According to Semrush’s AI Overviews study, AI Overviews appeared for 6.49% of queries in January 2025, climbed to 24.61% in July, and settled at 15.69% in November 2025. Semrush also found that the share of AI Overview-triggering queries with commercial intent grew from 8.15% to 18.57%, while transactional queries rose from 1.98% to 13.94%. In plain English, this is no longer just an informational-content problem.
For local businesses, the shift is more nuanced than the usual “SEO is dead” hot takes. Local Falcon’s 2025 whitepaper found that AI Overviews appeared on 40.2% of the 60,000 local queries they studied. Their data also suggests AI Overviews currently place less emphasis on proximity than traditional local packs.
That matters. It means being the closest business to the searcher is not enough on its own. Your business profile, your website content, your reviews, and your proof all have to do more of the heavy lifting.

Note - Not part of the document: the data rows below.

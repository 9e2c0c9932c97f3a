-- ===== src/Scheduler/Context.antt =====
-- internal/scheduler/scheduler.go: the context of one SmartHPA, as a state that each callback changes.
-- The schedules are the values of its map, in the order in which a loop meets them.
use smart_hpa.Prelude.{
  ℕ, Bool, true, false, not, ◌&&◌, ◌||◌, String, List, [], ◌∷◌, ◌++◌, filter, Option, none, some,
  if◌then◌else◌,
}
use smart_hpa.Prelude.Int.{ℤ, pos, ltb_ℤ}
use smart_hpa.Prelude.Sort.{sorted}
use smart_hpa.Prelude.Text.{str_eq}
use smart_hpa.Scheduler.{
  HpaConfig, Trigger, Times, get_priority, TimeWindowState, within, after, has_valid_interval,
  need_recurring, is_within_time_window, get_cron_tab,
}

-- The fields of a HorizontalPodAutoscaler that are changed.
pub record Hpa : Type 0 where
  pub min_replicas : Option ℤ
  pub max_replicas : ℤ

-- An entry of a cron: the trigger whose callback it runs and its table, or the daily refresh.
pub data Job : Type 0 where
  start_job end_job : String → String → Job
  refresh_job : Job

pub record Context : Type 0 where
  pub schedules : List Trigger
  pub active_trigger_name : String
  -- The autoscaler in the cluster, `none` if it is not found.
  pub hpa : Option Hpa
  pub jobs : List Job

-- How the API server takes an update.
pub data Reply : Type 0 where
  answered get_failed update_failed : Reply

abbrev pub set_min : Option ℤ → Hpa → Option Hpa
set_min none hpa = some hpa
set_min (some n) hpa = if ltb_ℤ n (pos 0) then none else some (record hpa { min_replicas = some n })

abbrev pub set_max : Option ℤ → Option Hpa → Option Hpa
set_max _ none = none
set_max none (some hpa) = some hpa
set_max (some n) (some hpa) =
    if ltb_ℤ (pos 0) n then some (record hpa { max_replicas = n }) else none

abbrev pub is_ordered : Hpa → Bool
is_ordered hpa = elim hpa.min_replicas [ some n ↦ not (ltb_ℤ hpa.max_replicas n) | none ↦ true ]

abbrev pub validated : Option Hpa → Option Hpa
validated none = none
validated (some hpa) = if is_ordered hpa then some hpa else none

-- `applyHPAConfig`, `none` for an error.
unfoldable pub apply_hpa_config : Hpa → HpaConfig → Option Hpa
apply_hpa_config hpa config =
    validated (set_max config.max_replicas (set_min config.min_replicas hpa))

abbrev pub written_or : Hpa → Option Hpa → Hpa
written_or old none = old
written_or old (some new) = new

-- `UpdateHPAConfig`, whose errors are logged: the autoscaler after it.
unfoldable pub update_hpa_config : Reply → HpaConfig → Option Hpa → Option Hpa
unfolding apply_hpa_config
update_hpa_config answered config (some hpa) = some (written_or hpa (apply_hpa_config hpa config))
update_hpa_config _ config hpa = hpa

abbrev pub configured : Reply → Option HpaConfig → Context → Context
configured reply none c = c
configured reply (some config) c = record c { hpa = update_hpa_config reply config c.hpa }

abbrev pub set_active_trigger : String → Context → Context
set_active_trigger name c = record c { active_trigger_name = name }

abbrev pub is_within : Option TimeWindowState → Bool
is_within (some within) = true
is_within _ = false

-- `sort.Slice` by falling priority. Equal priorities may come in any order, as the map's values do.
unfoldable pub highest_first : List Trigger → List Trigger
unfolding sorted
highest_first triggers = sorted (λ x y. ltb_ℤ (get_priority x) (get_priority y)) triggers

abbrev pub next_or_end : Reply → Trigger → Context → List Trigger → Context
next_or_end reply trigger c [] = configured reply trigger.end_hpa_config (set_active_trigger "" c)
next_or_end reply trigger c (top ∷ others) =
    if ltb_ℤ (get_priority trigger) (get_priority top)
    then c
    else configured reply top.start_hpa_config (set_active_trigger top.name c)

abbrev pub end_unless_active : Reply → Trigger → Context → List Trigger → Context
end_unless_active reply trigger c [] = configured reply trigger.end_hpa_config c
end_unless_active reply trigger c (top ∷ others) = c

abbrev pub add_jobs : Trigger → Option String → Option String → Context → Context
add_jobs trigger (some start) (some end) c = record c {
  jobs = c.jobs ++ (start_job trigger.name start ∷ end_job trigger.name end ∷ []);
}
add_jobs trigger _ _ c = c

abbrev pub is_processed : String → List String → Bool
is_processed name [] = false
is_processed name (n ∷ names) = str_eq n name || is_processed name names

module _ (times : Times) (now : ℕ) where
  abbrev pub is_active : Trigger → Bool
  is_active trigger = is_within (is_within_time_window times now trigger)

  -- `getActiveSchedulesSortedByPriority`
  unfoldable pub get_active_schedules_sorted_by_priority : String → List Trigger → List Trigger
  unfolding is_within_time_window need_recurring highest_first
  get_active_schedules_sorted_by_priority exclude_name schedules = highest_first (
      filter (λ t. not (str_eq t.name exclude_name) && (is_active t && need_recurring times now t))
        schedules)

  -- `hasHigherPriorityActive`
  unfoldable pub has_higher_priority_active : Trigger → List Trigger → Bool
  unfolding is_within_time_window
  has_higher_priority_active trigger [] = false
  has_higher_priority_active trigger (t ∷ schedules) =
      let rest = has_higher_priority_active trigger schedules in
      if str_eq t.name trigger.name
      then rest
      else if is_active t && ltb_ℤ (get_priority trigger) (get_priority t)
      then true
      else rest

  -- `onStart`
  unfoldable pub on_start : Reply → Trigger → Context → Context
  unfolding has_higher_priority_active update_hpa_config
  on_start reply trigger c =
      if has_higher_priority_active trigger c.schedules
      then c
      else configured reply trigger.start_hpa_config (set_active_trigger trigger.name c)

  -- `onEnd`
  unfoldable pub on_end : Reply → Trigger → Context → Context
  unfolding get_active_schedules_sorted_by_priority update_hpa_config
  on_end reply trigger c =
      next_or_end reply trigger c (get_active_schedules_sorted_by_priority trigger.name c.schedules)

  -- `applyInitialConfig`
  unfoldable pub apply_initial_config : Reply → Trigger → TimeWindowState → Context → Context
  unfolding has_higher_priority_active get_active_schedules_sorted_by_priority update_hpa_config
  apply_initial_config reply trigger within c =
      if has_higher_priority_active trigger c.schedules
      then c
      else configured reply trigger.start_hpa_config (set_active_trigger trigger.name c)
  apply_initial_config reply trigger after c =
      end_unless_active reply trigger c
        (get_active_schedules_sorted_by_priority trigger.name c.schedules)
  apply_initial_config reply trigger _ c = c

  -- `scheduleCronJobs`
  unfoldable pub schedule_cron_jobs : Trigger → Context → Context
  unfolding get_cron_tab
  schedule_cron_jobs trigger c =
      add_jobs trigger (get_cron_tab times now trigger trigger.start_time)
        (get_cron_tab times now trigger trigger.end_time) c

  abbrev pub schedule_in : Reply → Trigger → Context → Option TimeWindowState → Context
  schedule_in reply trigger c none = c
  schedule_in reply trigger c (some state) =
      schedule_cron_jobs trigger (apply_initial_config reply trigger state c)

  -- `Schedule`
  unfoldable pub schedule : Reply → Trigger → Context → Context
  unfolding is_within_time_window
  schedule reply trigger c = schedule_in reply trigger c (is_within_time_window times now trigger)

  -- The loop of `execute` after the names in `processed`.
  unfoldable pub execute_from : (String → Reply) → List String → List Trigger → Context → Context
  unfolding schedule
  execute_from replies processed [] c = c
  execute_from replies processed (t ∷ triggers) c =
      if is_processed t.name processed
      then execute_from replies processed triggers c
      else execute_from replies (t.name ∷ processed) triggers (schedule (replies t.name) t c)

  -- `execute`; `replies` answers the update of a trigger.
  unfoldable pub execute : (String → Reply) → Context → Context
  unfolding execute_from highest_first
  execute replies c =
      let triggers = highest_first (filter (λ t. has_valid_interval t.interval) c.schedules) in
      let done = execute_from replies [] triggers c in
      record done { jobs = done.jobs ++ (refresh_job ∷ []) }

If you run a law firm, HVAC company, med spa, accounting firm, roofing company, dental practice, or any other local service business, here’s what I’d fix first.
1. Stop treating your Google Business Profile like a directory listing
Google says businesses with complete and accurate information are more likely to show up in local search results. It also says local ranking is influenced by relevance, distance, and prominence. That hasn’t changed.
What has changed is the amount of competition around that listing.
If AI Overviews are summarizing local options, Google needs clean signals about what you do, where you do it, and why you’re credible. A half-filled profile with two old photos and a vague category is not going to carry its weight.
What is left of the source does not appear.